----- RECORDED INFORMATION -----
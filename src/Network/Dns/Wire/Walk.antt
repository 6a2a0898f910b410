-- ===== src/Network/Dns/Wire/Walk.antt =====
-- The loop of `skip_name`: each round, and the whole walk, on any buffer.
use dev_browse.Prelude.{
  ℕ, zero, suc, ◌+◌, ◌-◌, ◌≤◌, ◌<◌, ◌≡◌, refl, List, Option, none, some, Outcome, ok, err, panic,
  length, arith, Bool-cases, inl, inr, ltb, leb,
}
use dev_browse.Prelude.Fallible.{index_within}
use dev_browse.Network.Dns.Wire.{WireError}
use dev_browse.Network.Dns.Wire.Reader.{
  Skip, Round, again, return, unwrap_or, follow_pointer, skip_label, skip_round, after_round,
  skip_loop, skip_from, skip_fuel, skip_name,
}

-- Where the walk that began at `start` may end; it has to move on and stay within the buffer.
abbrev pub Ends : List ℕ → ℕ → Outcome WireError ℕ → Type 0
Ends buf start (ok c) = (start < c) × (c ≤ length buf)
Ends buf start (err e) = Unit
Ends buf start panic = ⊥

abbrev Resume : List ℕ → ℕ → ℕ → Option ℕ → Type 0
Resume buf start cursor none = start ≤ cursor
Resume buf start cursor (some p) = (start < p) × (p ≤ length buf)

record Walking (buf : List ℕ) (start : ℕ) (s : Skip) : Type 0 where
  hops : s.hops ≤ 16
  total_len : s.total_len ≤ 255
  resume : Resume buf start s.cursor s.after_pointer

-- The rounds that the loop may still take.
abbrev budget : Skip → ℕ
budget s = (16 - s.hops) + (255 - s.total_len)

abbrev RoundOk : List ℕ → ℕ → Skip → Outcome WireError Round → Type 0
RoundOk buf start s (ok (again t)) = Walking buf start t × (budget t < budget s)
RoundOk buf start s (ok (return c)) = Ends buf start (ok c)
RoundOk buf start s (err e) = Unit
RoundOk buf start s panic = ⊥

resume_some :
    (buf : List ℕ) (start cursor : ℕ) (o : Option ℕ)
    → Resume buf start cursor o
    → cursor + 2 ≤ length buf
    → (start < unwrap_or o (cursor + 2)) × (unwrap_or o (cursor + 2) ≤ length buf)
resume_some buf start cursor none h b = omega arith
resume_some buf start cursor (some p) h b = h

resume_end :
    (buf : List ℕ) (start cursor : ℕ) (o : Option ℕ)
    → Resume buf start cursor o
    → cursor + 1 ≤ length buf
    → (start < unwrap_or o (cursor + 1)) × (unwrap_or o (cursor + 1) ≤ length buf)
resume_end buf start cursor none h b = omega arith
resume_end buf start cursor (some p) h b = h

resume_later :
    (buf : List ℕ) (start cursor n : ℕ) (o : Option ℕ)
    → Resume buf start cursor o
    → Resume buf start (cursor + 1 + n) o
resume_later buf start cursor n none h = omega arith
resume_later buf start cursor n (some p) h = h

follow_pointer-Round_ok :
    (buf : List ℕ) (start b : ℕ) (s : Skip)
    → Walking buf start s
    → RoundOk buf start s (follow_pointer buf b s)
unfolding follow_pointer
follow_pointer-Round_ok buf start b s w = elim (Bool-cases (ltb (length buf) (s.cursor + 2))) [
  | inl e ↦ ground arith
  | inr e ↦
      let (low, at) = index_within {E = WireError} buf (s.cursor + 1) (ground arith) in
      ground
        (arith, at, w.hops, w.total_len, resume_some buf start s.cursor s.after_pointer w.resume)
]

skip_label-Round_ok :
    (buf : List ℕ) (start b : ℕ) (s : Skip)
    → Walking buf start s
    → RoundOk buf start s (skip_label buf b s)
unfolding skip_label
skip_label-Round_ok buf start b s w =
    ground (arith, w.hops, w.total_len, w.resume, resume_later buf start s.cursor b s.after_pointer)

skip_round-Round_ok :
    (buf : List ℕ) (start : ℕ) (s : Skip)
    → Walking buf start s
    → RoundOk buf start s (skip_round buf s)
unfolding skip_round
skip_round-Round_ok buf start s w = elim (Bool-cases (leb (length buf) s.cursor)) [
  | inl e ↦ ground arith
  | inr e ↦
      let (b, at) = index_within {E = WireError} buf s.cursor (ground arith) in
      ground (
        arith,
        at,
        resume_end buf start s.cursor s.after_pointer w.resume,
        follow_pointer-Round_ok buf start b s w,
        skip_label-Round_ok buf start b s w,
      )
]

-- A result that the loop comes to, and that is a right end.
abbrev Ending : List ℕ → ℕ → Option (Outcome WireError ℕ) → Type 0
Ending buf start o = (r : Outcome WireError ℕ) × (o ≡ some r) × Ends buf start r

after_round-Ending :
    (buf : List ℕ) (start : ℕ) (s : Skip) (next : Skip → Option (Outcome WireError ℕ))
    → ((t : Skip) → Walking buf start t → budget t < budget s → Ending buf start (next t))
    → (o : Outcome WireError Round) → RoundOk buf start s o
    → Ending buf start (after_round next o)
after_round-Ending buf start s next f (ok (again t)) (w, b) = f t w b
after_round-Ending buf start s next f (ok (return c)) g = (ok c, refl, g)
after_round-Ending buf start s next f (err e) g = (err e, refl, tt)
after_round-Ending buf start s next f panic g = absurd g

skip_loop-Ending :
    (fuel : ℕ) (buf : List ℕ) (start : ℕ) (s : Skip)
    → Walking buf start s
    → budget s < fuel
    → Ending buf start (skip_loop fuel buf s)
unfolding skip_loop
skip_loop-Ending zero buf start s w h = absurd (omega arith)
skip_loop-Ending (suc fuel) buf start s w h =
    after_round-Ending buf start s (skip_loop fuel buf)
      (λ t v b. skip_loop-Ending fuel buf start t v (omega arith)) _
      (skip_round-Round_ok buf start s w)

Walking-skip_from : (buf : List ℕ) (start : ℕ) → Walking buf start (skip_from start)
Walking-skip_from buf start = record {
  hops = omega arith;
  total_len = omega arith;
  resume = omega arith;
}

-- On every buffer, hostile ones included, and from every start the loop of `skip_name` ends within
-- 272 rounds, reads no byte out of bounds, and an end that it returns lies behind the start and
-- within the buffer.
pub skip_loop-Ends :
    (buf : List ℕ) (start : ℕ)
    → (r : Outcome WireError ℕ) × (skip_loop skip_fuel buf (skip_from start) ≡ some r)
      × Ends buf start r
skip_loop-Ends buf start =
    skip_loop-Ending skip_fuel buf start (skip_from start) (Walking-skip_from buf start)
      (omega arith)

pub skip_name-Ends : (buf : List ℕ) (start : ℕ) → Ends buf start (skip_name buf start)
unfolding skip_name
skip_name-Ends buf start = let (r, e, g) = skip_loop-Ends buf start in rw e g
-----
• **REQUIRED ACTION**
Nothing outside this range should appear: the lines from the start of the listing through the line with "total_len : s.total_len ≤ 255", each reproduced exactly, both ends included.

• **EXPECTED OUTPUT**
filename src/Network/Dns/Wire/Walk.antt
repository 6a2a0898f910b410
-- ===== src/Network/Dns/Wire/Walk.antt =====
-- The loop of `skip_name`: each round, and the whole walk, on any buffer.
use dev_browse.Prelude.{
  ℕ, zero, suc, ◌+◌, ◌-◌, ◌≤◌, ◌<◌, ◌≡◌, refl, List, Option, none, some, Outcome, ok, err, panic,
  length, arith, Bool-cases, inl, inr, ltb, leb,
}
use dev_browse.Prelude.Fallible.{index_within}
use dev_browse.Network.Dns.Wire.{WireError}
use dev_browse.Network.Dns.Wire.Reader.{
  Skip, Round, again, return, unwrap_or, follow_pointer, skip_label, skip_round, after_round,
  skip_loop, skip_from, skip_fuel, skip_name,
}

-- Where the walk that began at `start` may end; it has to move on and stay within the buffer.
abbrev pub Ends : List ℕ → ℕ → Outcome WireError ℕ → Type 0
Ends buf start (ok c) = (start < c) × (c ≤ length buf)
Ends buf start (err e) = Unit
Ends buf start panic = ⊥

abbrev Resume : List ℕ → ℕ → ℕ → Option ℕ → Type 0
Resume buf start cursor none = start ≤ cursor
Resume buf start cursor (some p) = (start < p) × (p ≤ length buf)

record Walking (buf : List ℕ) (start : ℕ) (s : Skip) : Type 0 where
  hops : s.hops ≤ 16
  total_len : s.total_len ≤ 255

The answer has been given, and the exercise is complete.